Изменить стиль страницы

Сюда, в конец великого транссибирского железнодорожного пути, ставшего как бы руслом стремительной бурной реки, стекалась со всех концов страны огромная масса людей. У подножья сопок Эгершельда поезда пустели: все, кого они привозили, — вербованные сезонники и приехавшие по своему почину в поисках выгодной работы жители городов и сел, любители «длинных рублей» и привлекаемые отдаленностью этих краев предприимчивые деревенские богатеи, ускользающие от раскулачивания, — все и всякие люди, которых так много видывал Федос на станции Бакарасевка, устремлялись за тяжелые, из темного дуба двери огромного владивостокского вокзала. Не всем, кто оказывался в его стенах, улыбалось счастье. Случалось, что иные, посидев на вокзальных жестких скамейках, налюбовавшись на пыльные искусственные пальмы в огромных кадках, наглядевшись вдоволь в цветастые окна, за которыми метелили приморские весенние снега и косматились холодные туманы, отправлялись в обратный путь, перетащив свои пожитки к другим дверям, открывавшимся в сторону бухты, к платформе, откуда уходили поезда на Сибирь. «В одну дверь вошли, в другую вышли», — невесело шутили подобные неудачники. Через эти же двери выходили на посадку и те, кто и поработал хорошо, и заработал неплохо.
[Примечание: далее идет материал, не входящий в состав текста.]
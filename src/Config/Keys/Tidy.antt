-- ===== src/Config/Keys/Tidy.antt =====
-- What every operation on the keys of a channel keeps: backend-go/internal/config/config.go and
-- backend-go/internal/config/config_messages.go.
use ccx.Base.{
  ◌≡◌, Bool, true, false, not, ◌&&◌, ◌||◌, List, [], ◌∷◌, ◌++◌, String, str_eq, eq_iff, arith,
  filter, Bool-cases, inl, inr,
}
use ccx.Config.Types.{UpstreamConfig}
use ccx.Config.Urls.{deduplicate_strings}
use ccx.Config.Keys.{has, without, add_missing, retire}
use ccx.Config.Keys.Lists.{
  has-append, has-filter, has-add_missing, has-retire, has-deduplicate_strings, has-drop_key,
  has-drop_key_other, IsDistinctKeys, IsDistinctKeys-append, IsDistinctKeys-add_missing,
  deduplicate_strings-IsDistinctKeys, drop_key, drop_key-IsDistinctKeys,
}
use ccx.Config.Keys.Moves.{
  KeyOp, key_op, key_ops, Moves, same, retired, activated, to_bottom, to_top, replaced,
  key_op-Moves,
}

-- Both lists of the keys that count for the statistics: `active` are all different.
abbrev pub IsTidyPair : List String → List String → Type 0
IsTidyPair active historical =
    IsDistinctKeys active × ((k : String) → (has active k && has historical k) ≡ false)

abbrev pub IsTidy : UpstreamConfig → Type 0
IsTidy u = IsTidyPair u.api_keys u.historical_api_keys

-- The operations build these lists out of the active and the historical keys.
retired-IsTidyPair :
    (key : String) (active historical : List String)
    → IsTidyPair active historical
    → IsTidyPair (drop_key key active) (add_missing historical key)
retired-IsTidyPair key active historical (d, apart) = (
  drop_key-IsDistinctKeys key active d,
  λ k.
      ground (
        arith,
        apart k,
        has-drop_key key active k d,
        has-add_missing historical key k,
        eq_iff k key,
      ),
)

activated-IsTidyPair :
    (key : String) (active historical : List String)
    → IsTidyPair active historical
    → IsTidyPair (add_missing active key) (without key historical)
activated-IsTidyPair key active historical (d, apart) = (
  IsDistinctKeys-add_missing active key d,
  λ k. ground (
    arith,
    apart k,
    has-add_missing active key k,
    has-filter (λ x. not (str_eq x key)) historical k,
    eq_iff k key,
  ),
)

to_bottom-IsTidyPair :
    (key : String) (active historical : List String)
    → has active key ≡ true
    → IsTidyPair active historical
    → IsTidyPair (drop_key key active ++ (key ∷ [])) historical
to_bottom-IsTidyPair key active historical here (d, apart) = (
  IsDistinctKeys-append (drop_key key active) key (drop_key-IsDistinctKeys key active d)
      (ground (arith, has-drop_key key active key d, eq_iff key key)),
  λ k. ground (
    arith,
    apart k,
    here,
    has-append (drop_key key active) (key ∷ []) k,
    has-drop_key key active k d,
    eq_iff k key,
  ),
)

to_top-IsTidyPair :
    (key : String) (active historical : List String)
    → has active key ≡ true
    → IsTidyPair active historical
    → IsTidyPair (key ∷ drop_key key active) historical
to_top-IsTidyPair key active historical here (d, apart) = (
  (
    ground (arith, has-drop_key key active key d, eq_iff key key),
    drop_key-IsDistinctKeys key active d,
  ),
  λ k. ground (arith, apart k, here, has-drop_key key active k d, eq_iff k key),
)

replaced-IsTidyPair :
    (news active historical : List String)
    → IsTidyPair
        (deduplicate_strings news)
        (filter (λ k. not (has news k)) (retire news active historical))
replaced-IsTidyPair news active historical = (
  deduplicate_strings-IsDistinctKeys news,
  λ k. ground (
    arith,
    has-deduplicate_strings news k,
    has-filter (λ x. not (has news x)) (retire news active historical) k,
  ),
)

Moves-IsTidyPair : {a h a' h' : List String} → Moves a h a' h' → IsTidyPair a h → IsTidyPair a' h'
Moves-IsTidyPair same t = t
Moves-IsTidyPair (retired key here) t = retired-IsTidyPair key _ _ t
Moves-IsTidyPair (activated key earlier) t =
    activated-IsTidyPair key _ _ (Moves-IsTidyPair earlier t)
Moves-IsTidyPair (to_bottom key here) t = to_bottom-IsTidyPair key _ _ here t
Moves-IsTidyPair (to_top key here) t = to_top-IsTidyPair key _ _ here t
Moves-IsTidyPair (replaced news) t = replaced-IsTidyPair news _ _

-- If the active keys of a channel are all different and none of them is a historical key, this stays so
-- through any of the operations on its keys: no key is counted twice in the statistics of the channel.
pub key_ops-IsTidy : (ops : List KeyOp) (u : UpstreamConfig) → IsTidy u → IsTidy (key_ops ops u)
unfolding key_ops
key_ops-IsTidy [] u t = t
key_ops-IsTidy (op ∷ ops) u t =
    key_ops-IsTidy ops (key_op op u) (Moves-IsTidyPair (key_op-Moves op u) t)

-- The key is counted in the statistics of the channel.
abbrev pub is_counted : List String → List String → String → Bool
is_counted active historical k = has active k || has historical k

Moves-is_counted :
    {a h a' h' : List String} (k : String)
    → Moves a h a' h'
    → is_counted a h k ≡ true
    → is_counted a' h' k ≡ true
Moves-is_counted k same c = c
Moves-is_counted {a = a} {h = h} k (retired key here) c = elim (Bool-cases (str_eq k key)) [
  | inl e ↦ ground (arith, e, has-add_missing h key k)
  | inr e ↦ ground (arith, e, c, has-add_missing h key k, has-drop_key_other key a k e)
]
Moves-is_counted k (activated {a' = a'} {h' = h'} key earlier) c = ground (
  arith,
  Moves-is_counted k earlier c,
  has-add_missing a' key k,
  has-filter (λ x. not (str_eq x key)) h' k,
)
Moves-is_counted {a = a} k (to_bottom key here) c = elim (Bool-cases (str_eq k key)) [
  | inl e ↦ ground (arith, e, has-append (drop_key key a) (key ∷ []) k)
  | inr e ↦
      ground (arith, e, c, has-append (drop_key key a) (key ∷ []) k, has-drop_key_other key a k e)
]
Moves-is_counted {a = a} k (to_top key here) c = elim (Bool-cases (str_eq k key)) [
  | inl e ↦ ground (arith, e)
  | inr e ↦ ground (arith, e, c, has-drop_key_other key a k e)
]
Moves-is_counted {a = a} {h = h} k (replaced news) c = ground (
  arith,
  c,
  has-deduplicate_strings news k,
  has-filter (λ x. not (has news x)) (retire news a h) k,
  has-retire news a h k,
)

-- A key that is active or historical stays one of the two through any of the operations on the
-- keys of the channel, so its statistics are never lost.
pub key_ops_forget_no_key :
    (k : String) (ops : List KeyOp) (u : UpstreamConfig)
    → is_counted u.api_keys u.historical_api_keys k ≡ true
    → is_counted (key_ops ops u).api_keys (key_ops ops u).historical_api_keys k ≡ true
unfolding key_ops
key_ops_forget_no_key k [] u c = c
key_ops_forget_no_key k (op ∷ ops) u c =
    key_ops_forget_no_key k ops (key_op op u) (Moves-is_counted k (key_op-Moves op u) c)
Таких было большинство, и они с сожалением и чувством превосходства оглядывали тех, кому не повезло.

Словом, владивостокский вокзал напоминал собой огромный котел, в котором перемешивались, бродили, переливали через край, густели, оседали на дно разнообразные человеческие страсти, судьбы, устремления, надежды, вожделения, желания…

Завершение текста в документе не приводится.